I stopped dual booting completely. The softwares you mention will run on Virtualbox. It is virtually transparent, provided you are not low on RAM.

----------


## jjgomera

anybody knows some free alternatives to Chemcad, hysys or Aspen Plus, chemical engineering process simulation?

I can use chemcad with wine without problems, but i'd like to find free alternative

----------


## Mark Bolton

What I a looking for is a *process control program* to interface a PC via IO devices such as paralell port buffers and sound cards to run simple process machinery. 

The sort of thing I want to do is monitor and record temperatures and switch on pumps and heaters in response to Logical flowcharts I want to implement. 

My background is in electronics but I have been out of the field since machine programming on language 8086 uP. I am fairly new to linux and need to figure out where to start. 

I dont really want to tinker with things and am more interested in getting the machines going and testing. 

THX in anticipation

Mark

----------


## sfabel

Hi folks,

MATLAB was developed for UNIX before it was developed for Windows so it should run fine (and it does). I used to use Kile for LaTeX editing, now I use XEmacs - I like the features of their preview within the editor - it is almost WYSIWYM.

I also use Eclipse for all the programming efforts I undertake. Sometimes I use Octave or wxMaxima.

There apparently is a full-fledged Linux distribution aimed at Engineering Applications: CAELinux

I haven't tried that one out, though.

Cheers,
Stephan

----------


## rajendra

Hi!

I'm a mechanical engineer. In my office, I use SolidWorks on Windows XP Professional. At home, I tried installing GraphiteOne on Ubuntu 7.10, but ran into problems. (I'm a newbie at Linux).

I think linux needs a good 3D solid modelling software, and I miss it sorely.

----------


## Battalion

> Hi folks,
> 
> MATLAB was developed for UNIX before it was developed for Windows so it should run fine (and it does). I used to use Kile for LaTeX editing, now I use XEmacs - I like the features of their preview within the editor - it is almost WYSIWYM.
> 
> I also use Eclipse for all the programming efforts I undertake. Sometimes I use Octave or wxMaxima.
> 
> There apparently is a full-fledged Linux distribution aimed at Engineering Applications: CAELinux
> 
> I haven't tried that one out, though.
> ...


Hi, i'm a mechanical engineer and the two things i can't live without is MATLAB and solidworks (or solidedge).  I haven't been able to find out how to install matlab on ubuntu and i'm sure there's no 3d modelling software that can do what i need.  These limitations keep me from making a full conversion into linux.

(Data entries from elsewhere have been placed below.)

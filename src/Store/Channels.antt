-- ===== src/Store/Channels.antt =====
-- The channel operations of RoomsRepository in roomsd/src/storage/repository.ts.
use wardroom.Base.{
  ℕ, String, Bool, true, false, Option, none, some, ◌∷◌, not, if◌then◌else◌, is_some, ◌===◌,
  update_where,
}
use wardroom.Contracts.{
  active, closed, Channel, LifecycleState, channel_registered, channel_closed, channel_reopened,
  channel_label_updated, channel_broadcast_policy_updated, channel_coordination_policy_updated,
  MutationReceipt, channel_already_exists, unknown_channel, constraint,
}
use wardroom.Store.{
  Database, M, ◌>>=◌, ◌>>◌, require, throw_if, get, put, Times, current_session, current_channel,
  active_in, append_change, unchanged,
}
use wardroom.Store.Sessions.{end_membership}

abbrev pub new_channel : String → Option String → ℕ → Channel
new_channel id owner at = record {
  id = id;
  label = none;
  registered_at = at;
  owner_operator_session_id = owner;
  lifecycle_state = active;
  closed_at = none;
  broadcast_policy = "all";
  coordination_policy = "open";
}

-- `owner_operator_session_id REFERENCES sessions(id)`
abbrev pub known_owner : Database → Option String → Bool
known_owner db none = true
known_owner db (some id) = is_some (current_session db id)

unfoldable pub insert_channel : String → Option String → Times → M MutationReceipt
insert_channel id owner t = do
  db ← get
  throw_if (is_some (current_channel db id)) channel_already_exists
  throw_if (not (known_owner db owner)) constraint
  put (record db { channels = new_channel id owner t.at ∷ db.channels })
  append_change (channel_registered id t.at owner) (some id) t.noted

abbrev pub set_channel : Database → String → (Channel → Channel) → Database
set_channel db id f = record db {
  channels = update_where (λ (c : Channel). c.id === id) f db.channels;
}

abbrev pub close_row : ℕ → Channel → Channel
close_row at c = record c { lifecycle_state = closed; closed_at = some at }

abbrev pub reopen_row : Channel → Channel
reopen_row c = record c { lifecycle_state = active; closed_at = none }

abbrev pub is_closed : LifecycleState → Bool
is_closed active = false
is_closed closed = true

close : Database → String → Times → M MutationReceipt
close db id t = do
  put (record (set_channel db id (close_row t.at)) {
    memberships = update_where (active_in id) (end_membership t.at) db.memberships;
  })
  append_change (channel_closed id t.at) (some id) t.noted

unfoldable pub close_channel : String → Times → M MutationReceipt
unfolding close
close_channel id t = do
  db ← get
  channel ← require (current_channel db id) unknown_channel
  if is_closed channel.lifecycle_state then unchanged else close db id t

reopen : Database → String → Times → M MutationReceipt
reopen db id t = do
  put (set_channel db id reopen_row)
  append_change (channel_reopened id t.at) (some id) t.noted

unfoldable pub reopen_channel : String → Times → M MutationReceipt
unfolding reopen
reopen_channel id t = do
  db ← get
  channel ← require (current_channel db id) unknown_channel
  if is_closed channel.lifecycle_state then reopen db id t else unchanged

-- Equality of nullable texts.
abbrev pub same_label : Option String → Option String → Bool
same_label none none = true
same_label (some s) (some t) = s === t
same_label none (some _) = false
same_label (some _) none = false

relabel : Database → String → Option String → Times → M MutationReceipt
relabel db id label t = do
  put (set_channel db id (λ c. record c { label = label }))
  append_change (channel_label_updated id label) (some id) t.noted

unfoldable pub update_channel_label : String → Option String → Times → M MutationReceipt
unfolding relabel
update_channel_label id label t = do
  db ← get
  channel ← require (current_channel db id) unknown_channel
  if same_label channel.label label then unchanged else relabel db id label t

set_broadcast : Database → String → String → Times → M MutationReceipt
set_broadcast db id policy t = do
  put (set_channel db id (λ c. record c { broadcast_policy = policy }))
  append_change (channel_broadcast_policy_updated id policy) (some id) t.noted

unfoldable pub update_channel_broadcast_policy : String → String → Times → M MutationReceipt
unfolding set_broadcast
update_channel_broadcast_policy id policy t = do
  db ← get
  channel ← require (current_channel db id) unknown_channel
  if channel.broadcast_policy === policy then unchanged else set_broadcast db id policy t

set_coordination : Database → String → String → Times → M MutationReceipt
set_coordination db id policy t = do
  put (set_channel db id (λ c. record c { coordination_policy = policy }))
  append_change (channel_coordination_policy_updated id policy) (some id) t.noted

unfoldable pub update_channel_coordination_policy : String → String → Times → M MutationReceipt
unfolding set_coordination
update_channel_coordination_policy id policy t = do
  db ← get
  channel ← require (current_channel db id) unknown_channel
  if channel.coordination_policy === policy then unchanged else set_coordination db id policy t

Also an FEA (FEM) modelling and analysis program would be nice.  In windows XP i use MSC.patran and other parts of it.  

Someone shed some light on me please

----------


## ad_267

For installing MATLAB have a look here:
https://wiki.ubuntu.com/MATLAB

There's also the open source Octave available as an alternative.

For 3D modelling, PTC Pro/Engineer is available for Linux.

ANSYS can be used for finite element analysis. Their website says they require SuSE or Redhat so they might not support Ubuntu officially but there shouldn't be any problem getting the software to work. http://www.ansys.com/services/ansys-requirements110.htm

If you want something open source and free for FEM have a look at Code_Aster http://www.code-aster.org/, http://en.wikipedia.org/wiki/Code_Aster
The brochure looks good: http://www.code-aster.org/V2/spip.php?rubrique18

Code_Aster can be used in conjunction with SALOME: http://www.salome-platform.org/home/...tion/overview/

----------


## qgfreire

Hello,
I'm doing chemical engineering modelling and simulation. I'm trying to be M$ independent but I've a difficulty;
- Excell Solver add-in. 
None of the spreadsheets (OO.. Gnu.. Gno.. )I know have something like it.
What a pity.


Good NEWS!
OOffice spreadsheet have now a solver. It works now with non-linear problems. It's not so good as M$ but it's working  :Wink: 
My thanks to developers!!

----------


## jjgomera

> Hello,
> I'm doing chemical engineering modelling and simulation. I'm trying to be M$ independent but I've a difficulty;
> - Excell Solver add-in. 
> None of the spreadsheets (OO.. Gnu.. Gno.. )I know have something like it.
> What a pity.


How much have you looked for?

In OO. is in Tools/Solver oh, oh, oh, what a surprise :LOL: , and work exactly than excel's solver
Although in 7.10 there are a bug, so in 7.10 solver can't be used at all

----------


## lrx

I have used scilab for my studies and can recommend it as an alternative to matlab. Many of the commands is the same.
Still want to try python.

Tnx

----------


## hardyn

> Hi!
> 
> I'm a mechanical engineer. In my office, I use SolidWorks on Windows XP Professional. At home, I tried installing GraphiteOne on Ubuntu 7.10, but ran into problems. (I'm a newbie at Linux).
> 
> I think linux needs a good 3D solid modelling software, and I miss it sorely.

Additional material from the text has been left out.